親の言いなりに良い子を演じている、従順でつまらない私を、好きだと……。
「……うん。彼女と出会えて始めて、俺は恋って本当はこういうものなのかもって、胸が熱くなった」
こんな感情知らなかった、と彼は可愛らしくはにかんだ。
それは、私だって同じなのに。あなたにとっての彼女が、私にとってのあなたなのに。私はどうして報われないの。おかしいじゃない。
「……知ってますよ。彼女が羨ましいです」
表に出すのは笑顔だけ。
醜い顔は、絶対この人に見られたくない。
私は最期まで、この人の眼に映る時は笑顔でありたい。
彼は、一日薬を飲まなかっただけだった。
その薬は、宝探しと称して彼が私に隠させた。
その事実を知ったのは、彼が亡くなってから四日後、遺品を整理していた時だった。
おめおめ泣いている暇もなく、慌ただしく鎮魂はなされた。私に泥がついたと両親は泣いた。折角の出世の切符を失くしたのだ。
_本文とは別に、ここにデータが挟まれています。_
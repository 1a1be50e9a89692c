-- ===== src/Usage.antt =====
-- pulse/proxy/usage_rollup.py: `rollup_proxy_usages`, the totals of usage rows by account, by model and by
-- day. The names of accounts, plans and members and the quota snapshots that are shown beside the
-- totals are left out. A missing number is 0.
pub mod Tally
pub mod Totals
use cursor_pulse.Base.{
  ℕ, suc, ◌+◌, ◌-◌, Bool, true, false, List, [], ◌∷◌, ◌++◌, Option, none, some, ◌==◌, if◌then◌else◌,
  or_else, sum_by, take,
}
use cursor_pulse.Base.Dict.{Eq, Dict, lookup, insert, nat_eq}
use cursor_pulse.Base.Sorting.{sort_by}
use cursor_pulse.Base.Text.{Text, codes, strip, is_empty, text_or_empty, text_key}
use cursor_pulse.Loans.{Credential, get_credential}

pub record Usage : Type 0 where
  pub id : ℕ
  pub credential_id : ℕ
  pub model : Option Text
  pub total_tokens : ℕ
  pub cost_cents : ℕ
  pub ts : ℕ

pub record Bucket : Type 0 where
  pub request_count : ℕ
  pub total_tokens : ℕ
  pub cost_cents : ℕ
  pub items : List Usage

abbrev pub new_bucket : Bucket
new_bucket = record { request_count = 0; total_tokens = 0; cost_cents = 0; items = [] }

-- The three sums that every bucket keeps; only the day's bucket keeps its rows too.
unfoldable pub count_row : Bucket → Usage → Bucket
count_row b u = record b {
  request_count = b.request_count + 1;
  total_tokens = b.total_tokens + u.total_tokens;
  cost_cents = b.cost_cents + u.cost_cents;
}

unfoldable pub count_item : Bucket → Usage → Bucket
count_item b u = record (count_row b u) { items = b.items ++ u ∷ [] }

pub record Maps : Type 0 where
  pub by_account : Dict ℕ Bucket
  pub by_model : Dict Text Bucket
  pub by_day : Dict ℕ Bucket

unfoldable pub put_bucket :
    {K : Type 0}
    → ⦃e : Eq K⦄ → (Bucket → Usage → Bucket)
    → K
    → Usage
    → Dict K Bucket
    → Dict K Bucket
put_bucket count k u d = insert k (count (or_else (lookup k d) new_bucket) u) d

-- `_resolve_usage_accounts`, of which the totals need the account of a credential; 0 is the bucket of those
-- that have none.
unfoldable pub account_key : List Credential → Usage → ℕ
account_key creds u =
    if u.credential_id == 0
    then 0
    else elim (get_credential u.credential_id creds) [ none ↦ 0 | some c ↦ c.account_id ]

abbrev pub unknown_model : Text
unknown_model = codes "（未知）"

unfoldable pub model_key : Usage → Text
model_key u =
    let label = strip (text_or_empty u.model) in if is_empty label then unknown_model else label

-- `day` gives the number of the China calendar day of a time, if it has one.
unfoldable pub day_key : (ℕ → Option ℕ) → Usage → ℕ
day_key day u = elim (day u.ts) [ none ↦ 0 | some d ↦ suc d ]

pub record Rollup : Type 0 where
  pub by_account : Dict ℕ Bucket
  pub by_model : Dict Text Bucket
  pub by_day : Dict ℕ Bucket
  pub items : List Usage

module _ (creds : List Credential) (day : ℕ → Option ℕ) where
  unfoldable pub rollup_loop : List Usage → Maps → Maps
  rollup_loop [] m = m
  rollup_loop (u ∷ rows) m = rollup_loop rows (record {
    by_account = put_bucket count_row (account_key creds u) u m.by_account;
    by_model = put_bucket count_row (model_key u) u m.by_model;
    by_day = put_bucket count_item (day_key day u) u m.by_day;
  })

  -- Sorted with the largest first: by what is left up to a number that no key exceeds.
  unfoldable pub rollup_proxy_usages : List Usage → ℕ → Rollup
  rollup_proxy_usages rows limit =
      let m = rollup_loop rows (record { by_account = []; by_model = []; by_day = [] }) in
      let tokens = sum_by (λ (u : Usage). u.total_tokens) rows in
      let cents = sum_by (λ (u : Usage). u.cost_cents) rows in
      let last = sum_by (day_key day) rows in
      record {
        by_account = sort_by (λ (e : ℕ × Bucket). tokens - e.1.total_tokens) m.by_account;
        by_model = sort_by (λ (e : Text × Bucket). cents - e.1.cost_cents) m.by_model;
        by_day = sort_by (λ (e : ℕ × Bucket). last - e.0) m.by_day;
        items = take limit rows;
      }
私は王から、彼の遺品を引き取る許可を頂いた。私が隠した箱には鍵がかかっていて、私は中身を知ることができなかった。
「君は箱を隠して。俺は鍵を隠すから」
そう言って箱を手渡してきた。
彼はもう、一人で立つことすらままならずに居るというのに。
てっきり、その棒のような足を引きずって彼女に会いにいくものだと思っていた。
「お互い見つけたら、これの中を見せるよ」
それ、私にしかドッキリになってないじゃないですか。
そう、笑いあったのが最期だった。
その会話を思い出すと、涙が溢れて止まらなくなってしまう。
感情のままに、私は彼の部屋へ向かって駆け出した。はしたない、と呼び止める者はいなかった。
部屋に、鍵はあった。
彼のお気に入りの本の間に挟まっていた。
入っていたのは鍵と、手紙。
手紙には、ただ一行。
「君が相手でよかったよ」
罪な男とは彼を言うのだろう。
本当は不服なくせに。私じゃないあなたの愛した人が相手だった方がいいくせに。
ああ、ほらまた。あなたがそんな優しい嘘をつくから、勘違いしてしまうじゃない。
その日は声を上げて泣いた。赤子の時泣いて以来の大声で。
夕日が、彼の居たベッドのシーツを赤く染める。
彼の温もりを求め、そっとシーツへ手を置いた。
涙が一筋、頬を伝う。
「カルタ様……あなたが、好きです。あなたとまた出逢えたら、今度は私に振り向いてくださいますか?」
もう冬間近というのに、しんと静まり返った室内は不思議と暖かかった。
正直、彼を初めて認識した動物園では、運命を感じた。
だけど私より前に、やっぱり彼女に会っていたと知った時、どうにも感情の制御ができなかった。
控え室を再び出て、誰もいない駐車場を見渡す。
灰色のアスファルトが、光を浴びてキラキラ光っていた。
やっぱり、私は当て馬の役だったけど。